━━━ Input

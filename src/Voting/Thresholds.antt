-- ===== src/Voting/Thresholds.antt =====
-- internal/app/voting.go: the ranges of a policy, and how many votes it asks for.
use raspi_media_player.Base.{ℕ, ℤ, pos, negsuc, ◌+◌, ◌*◌, ◌≤◌, ◌<◌, ◌≡◌, Option, none, some, arith}
use raspi_media_player.Voting.Policy.{Settings, VotePolicy, seconds, within, parsed, policy}
use raspi_media_player.Voting.Manager.{required_votes}

within_bounds :
    (low high default : ℕ) (v : Option ℤ)
    → low ≤ default
    → default ≤ high
    → (low ≤ within low high default v) × (within low high default v ≤ high)
within_bounds low high default none h k = (h, k)
within_bounds low high default (some (negsuc n)) h k = (h, k)
within_bounds low high default (some (pos n)) h k = ground arith

seconds_mono : (a b : ℕ) → a ≤ b → seconds a ≤ seconds b
seconds_mono a b h = omega arith

-- The ranges that `policy` promises.
pub record IsInRange (p : VotePolicy) : Type 0 where
  pub window_low : seconds 10 ≤ p.active_window
  pub window_high : p.active_window ≤ seconds 3600
  pub timeout_low : seconds 10 ≤ p.timeout
  pub timeout_high : p.timeout ≤ seconds 3600
  pub percent_low : 1 ≤ p.percent
  pub percent_high : p.percent ≤ 100

-- Whatever the settings hold, unreadable and malformed values included, the windows lie between 10
-- seconds and an hour, and the percentage between 1 and 100.
pub policy-IsInRange : (settings : Settings) → IsInRange (policy settings)
unfolding policy
policy-IsInRange settings =
    let window =
      within_bounds 10 3600 60 (parsed (settings "vote_active_seconds")) (omega arith)
        (omega arith) in
    let timeout =
      within_bounds 10 3600 90 (parsed (settings "vote_timeout_seconds")) (omega arith)
        (omega arith) in
    let percent =
      within_bounds 1 100 50 (parsed (settings "vote_percent")) (omega arith) (omega arith) in
    record {
      window_low = seconds_mono _ _ window.0;
      window_high = seconds_mono _ _ window.1;
      timeout_low = seconds_mono _ _ timeout.0;
      timeout_high = seconds_mono _ _ timeout.1;
      percent_low = percent.0;
      percent_high = percent.1;
    }

product_le : (a p : ℕ) → p ≤ 100 → a * p ≤ a * 100
product_le a p h = grind arith

-- For at least one listener and a percentage from 1 to 100, the threshold is that percentage of the
-- listeners, rounded up, and lies between 1 and their number.
pub required_votes_bounds :
    (listeners percent : ℕ)
    → 1 ≤ listeners
    → 1 ≤ percent
    → percent ≤ 100
    → (1 ≤ required_votes listeners percent)
      × (required_votes listeners percent ≤ listeners)
      × (listeners * percent ≤ 100 * required_votes listeners percent)
      × (100 * required_votes listeners percent < listeners * percent + 100)
required_votes_bounds listeners percent h k l =
    let bound = product_le listeners percent l in
    let some_share : 1 ≤ listeners * percent = grind arith in ground (arith, bound, some_share)

-- A listener who is alone needs one vote, whatever the percentage is.
pub required_votes-alone : (percent : ℕ) → percent ≤ 100 → required_votes 1 percent ≡ 1
required_votes-alone percent h = ground arith
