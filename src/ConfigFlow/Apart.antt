-- ===== src/ConfigFlow/Apart.antt =====
-- No two config entries run on one token: the invariant of the forms of config_flow.py.
pub mod Options
pub mod Checked
pub mod Reauth
pub mod Reachable
use staykey_ha_plugin.Prelude.{
  ℕ, ◌+◌, ◌≤◌, String, ◌≡◌, ◌≢◌, ◌⊎◌, inl, inr, refl, sym, ap, ◌∙◌, subst, not, ◌&&◌, Bool, true,
  false, Option, none, some, List, [], ◌∷◌, ◌++◌, map, ◌==◌, eq_iff, eq_refl, arith, Bool-cases,
  Option-cases, if◌then◌else◌,
}
use staykey_ha_plugin.Python.Text.{strip, strip_twice}
use staykey_ha_plugin.Python.Value.{
  Value, str, Fields, end, field, get, put, or_else, truthy, get-put,
}
use staykey_ha_plugin.Gateway.Auth.{Outcome}
use staykey_ha_plugin.ConfigFlow.Entries.{
  ConfigEntry, token_key, text_of, chosen, current_token, is_id, owns, token_in_use_elsewhere,
}
use staykey_ha_plugin.ConfigFlow.{
  FlowResult, typed_token, with_token, moved_id, step_init, step_user, step_reauth_confirm,
}
use staykey_ha_plugin.ConfigFlow.Changes.{
  owners, named, changed, with_options, with_updates, Saved, SavedOptions, or_kept_id, tally,
  has_id,
}
use staykey_ha_plugin.ConfigFlow.Tallies.{
  tally-append, tally-changed_le, tally-changed, owners-changed_le, owners-eq-zero,
}

-- At most one entry uses a token, and at most one has an ID.
pub record AreApart (es : List ConfigEntry) : Type 0 where
  pub apart : (token : String) → token ≢ "" → owners token es ≤ 1
  pub keyed : (id : String) → named id es ≤ 1

module _ (id new : String) (f : ConfigEntry → ConfigEntry) where
  -- A change that gives the entry no token but one that no other entry uses.
  pub changed-AreApart :
      ((e : ConfigEntry) → (f e).entry_id ≡ e.entry_id)
      → ((token : String) (e : ConfigEntry)
          → token ≢ ""
          → token ≢ new
          → owns token (f e) ≡ true
          → owns token e ≡ true)
      → (es : List ConfigEntry) → (new ≢ "" → token_in_use_elsewhere es new (some id) ≡ false)
      → AreApart es
      → AreApart (map (changed id f) es)
  changed-AreApart same kept es free a = record {
    apart = λ token filled. elim (Bool-cases (token == new)) [
      | inl is ↦
          let e : token ≡ new = (eq_iff token new).0 is in
          let few : owners token (map (changed id f) es) ≤ named id es =
            rw e (owners-changed_le new id f es (free (λ h. filled (e ∙ h)))) in
          omega (arith, few, a.keyed id)
      | inr other ↦ omega (
        arith,
        tally-changed_le (owns token) id f
            (λ e. kept token e filled (λ h. cc ((eq_iff token new).1 h))) es,
        a.apart token filled,
      )
    ];
    keyed = λ i.
        omega (arith, tally-changed (has_id i) id f (λ e. ap (λ t. t == i) (same e)) es, a.keyed i);
  }

-- An entry that now runs on `new`, and is known by it or as before.
pub owns-changed :
    (token new : String) (e e' : ConfigEntry)
    → current_token e' ≡ new
    → (e'.unique_id ≡ e.unique_id) ⊎ (e'.unique_id ≡ some new)
    → token ≢ new
    → owns token e' ≡ true
    → owns token e ≡ true
unfolding owns
owns-changed token new e e' runs known other h = ground (arith, eq_iff new token, other)

pub current_token-saved :
    (e : ConfigEntry) (t : String)
    → get token_key e.options ≡ some (str t)
    → t ≢ ""
    → current_token e ≡ strip t
unfolding current_token truthy
current_token-saved e t saved filled = elim (Bool-cases (t == "")) [
  | inl blank ↦ absurd (filled ((eq_iff t "").0 blank))
  | inr text ↦ rw (saved, text)
]

pub typed_token-strip :
    (input : Fields) (t : String) → get token_key input ≡ some (str t) → typed_token input ≡ strip t
unfolding typed_token truthy
typed_token-strip input t typed = elim (Bool-cases (t == "")) [
  | inl blank ↦ rw (typed, blank) (ap strip (sym ((eq_iff t "").0 blank)))
  | inr text ↦ rw (typed, text)
]
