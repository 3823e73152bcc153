-- ===== src/ConfigFlow/Apart/Checked.antt =====
-- The forms of config_flow.py that check a token keep the entries apart.
use staykey_ha_plugin.Prelude.{
  String, ◌≡◌, ◌≢◌, inl, inr, refl, sym, ◌∙◌, subst, false, Option, none, some, List, [], ◌∷◌, ◌++◌,
  ◌==◌, eq_iff, arith, Bool-cases, Option-cases,
}
use staykey_ha_plugin.Python.Text.{strip, strip_twice}
use staykey_ha_plugin.Python.Value.{str, Fields, end, get, or_else, truthy, get-put}
use staykey_ha_plugin.Gateway.Auth.{
  Outcome, auth_ok, auth_invalid, auth_integration_disabled, auth_cannot_connect,
}
use staykey_ha_plugin.ConfigFlow.Entries.{
  ConfigEntry, token_key, text_of, current_token, owns, token_in_use_elsewhere,
}
use staykey_ha_plugin.ConfigFlow.{
  FlowResult, create_entry, checked_user, user_url, typed_token, with_token, step_user,
}
use staykey_ha_plugin.ConfigFlow.Changes.{named, Saved, has_id}
use staykey_ha_plugin.ConfigFlow.Tallies.{tally-append, owners-eq-zero}
use staykey_ha_plugin.ConfigFlow.Apart.{AreApart}

pub current_token-set_up :
    (e : ConfigEntry) (new : String)
    → get token_key e.options ≡ none
    → get token_key e.setup ≡ some (str new)
    → new ≢ ""
    → current_token e ≡ strip new
unfolding current_token truthy
current_token-set_up e new no_option set_up filled = elim (Bool-cases (new == "")) [
  | inl blank ↦ absurd (filled ((eq_iff new "").0 blank))
  | inr text ↦ rw (no_option, set_up, text)
]

pub strip-typed_token : (input : Fields) → strip (typed_token input) ≡ typed_token input
unfolding typed_token
strip-typed_token input = strip_twice (text_of (or_else (get token_key input) (str "")))

-- An entry that runs on a token that no entry uses, and is known by it, comes last.
append-AreApart :
    (new : String) (e : ConfigEntry) (es : List ConfigEntry)
    → current_token e ≡ new
    → e.unique_id ≡ some new
    → named e.entry_id es ≡ 0
    → token_in_use_elsewhere es new none ≡ false
    → AreApart es
    → AreApart (es ++ e ∷ [])
unfolding owns
append-AreApart new e es runs known fresh free a = record {
  apart = λ token filled. ground (
    arith,
    eq_iff token new,
    eq_iff new token,
    tally-append (owns token) es (e ∷ []),
    owners-eq-zero new es,
    a.apart token filled,
  );
  keyed =
      λ id. ground (arith, eq_iff e.entry_id id, tally-append (has_id id) es (e ∷ []), a.keyed id);
}

module _ (before : List ConfigEntry) (stops : String → Option String)
    (answer : String → String → Outcome) where
  -- The user's step, while no other flow changes the entries.
  abbrev pub user_result : Option Fields → FlowResult
  user_result input =
      (step_user {S = Unit {0}} (λ _. before) (λ t s. (stops t, s)) (λ u t s. (answer u t, s)) input
        tt).0

  abbrev user_checked : Fields → FlowResult
  user_checked input =
      (checked_user {S = Unit {0}} (λ _. before) (λ t s. (stops t, s)) (λ u t s. (answer u t, s))
        input (typed_token input) tt).0

module _ (before after : List ConfigEntry) (stops : String → Option String)
    (answer : String → String → Outcome) where
  unchanged : after ≡ before → AreApart before → AreApart after
  unchanged same a = subst AreApart (sym same) a

  created-AreApart :
      (input : Fields)
      → typed_token input ≢ ""
      → token_in_use_elsewhere before (typed_token input) none ≡ false
      → Saved
          (create_entry (some (typed_token input)) "Staykey" (with_token (typed_token input) input))
          before
          after
      → AreApart before
      → AreApart after
  created-AreApart input filled free (new_id, fresh, e) a =
      let new = typed_token input in
      let entry : ConfigEntry = record {
        entry_id = new_id;
        unique_id = some new;
        setup = with_token new input;
        options = end;
      } in
      let none_saved : get token_key end ≡ none = unfold get in refl in
      let set_up : get token_key (with_token new input) ≡ some (str new) =
        get-put token_key token_key (str new) input in
      let runs : current_token entry ≡ new =
        current_token-set_up entry new none_saved set_up filled ∙ strip-typed_token input in
      subst AreApart (sym e) (append-AreApart new entry before runs refl fresh free a)

  checked_user-AreApart :
      (input : Fields) (o : Outcome)
      → answer (user_url input) (typed_token input) ≡ o
      → typed_token input ≢ ""
      → token_in_use_elsewhere before (typed_token input) none ≡ false
      → Saved (user_checked before stops answer input) before after
      → AreApart before
      → AreApart after
  unfolding checked_user
  checked_user-AreApart input auth_ok e filled free saved a =
      created-AreApart input filled free (rw (e, checked_user, Saved) at saved) a
  checked_user-AreApart input auth_invalid e filled free saved a =
      unchanged (rw (e, checked_user, Saved) at saved) a
  checked_user-AreApart input auth_integration_disabled e filled free saved a =
      unchanged (rw (e, checked_user, Saved) at saved) a
  checked_user-AreApart input auth_cannot_connect e filled free saved a =
      unchanged (rw (e, checked_user, Saved) at saved) a

  pub step_user-AreApart :
      (input : Option Fields)
      → Saved (user_result before stops answer input) before after
      → AreApart before
      → AreApart after
  unfolding step_user
  step_user-AreApart none saved a = unchanged saved a
  step_user-AreApart (some input) saved a =
      let new = typed_token input in
      elim (Bool-cases (new == "")) [
        | inl blank ↦ unchanged (rw (blank, step_user, user_result, Saved) at saved) a
        | inr text ↦ elim (Option-cases (stops new)) [
          | inr (reason, stop) ↦
              unchanged (rw (text, stop, step_user, user_result, Saved) at saved) a
          | inl go ↦ elim (Bool-cases (token_in_use_elsewhere before new none)) [
            | inl taken ↦ unchanged (rw (text, go, taken, step_user, user_result, Saved) at saved) a
            | inr free ↦
                checked_user-AreApart input (answer (user_url input) new) refl
                  (λ e. cc ((eq_iff new "").1 e)) free
                  (rw (text, go, free, step_user, user_result, Saved) at saved) a
          ]
        ]
      ]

━━━━━━

Task description. Which lines above hold the string "owners"? Please copy all of them.

Written answer.
  owners, named, changed, with_options, with_updates, Saved, SavedOptions, or_kept_id, tally,
  tally-append, tally-changed_le, tally-changed, owners-changed_le, owners-eq-zero,
  pub apart : (token : String) → token ≢ "" → owners token es ≤ 1
          let few : owners token (map (changed id f) es) ≤ named id es =
            rw e (owners-changed_le new id f es (free (λ h. filled (e ∙ h)))) in
use staykey_ha_plugin.ConfigFlow.Tallies.{tally-append, owners-eq-zero}
    owners-eq-zero new es,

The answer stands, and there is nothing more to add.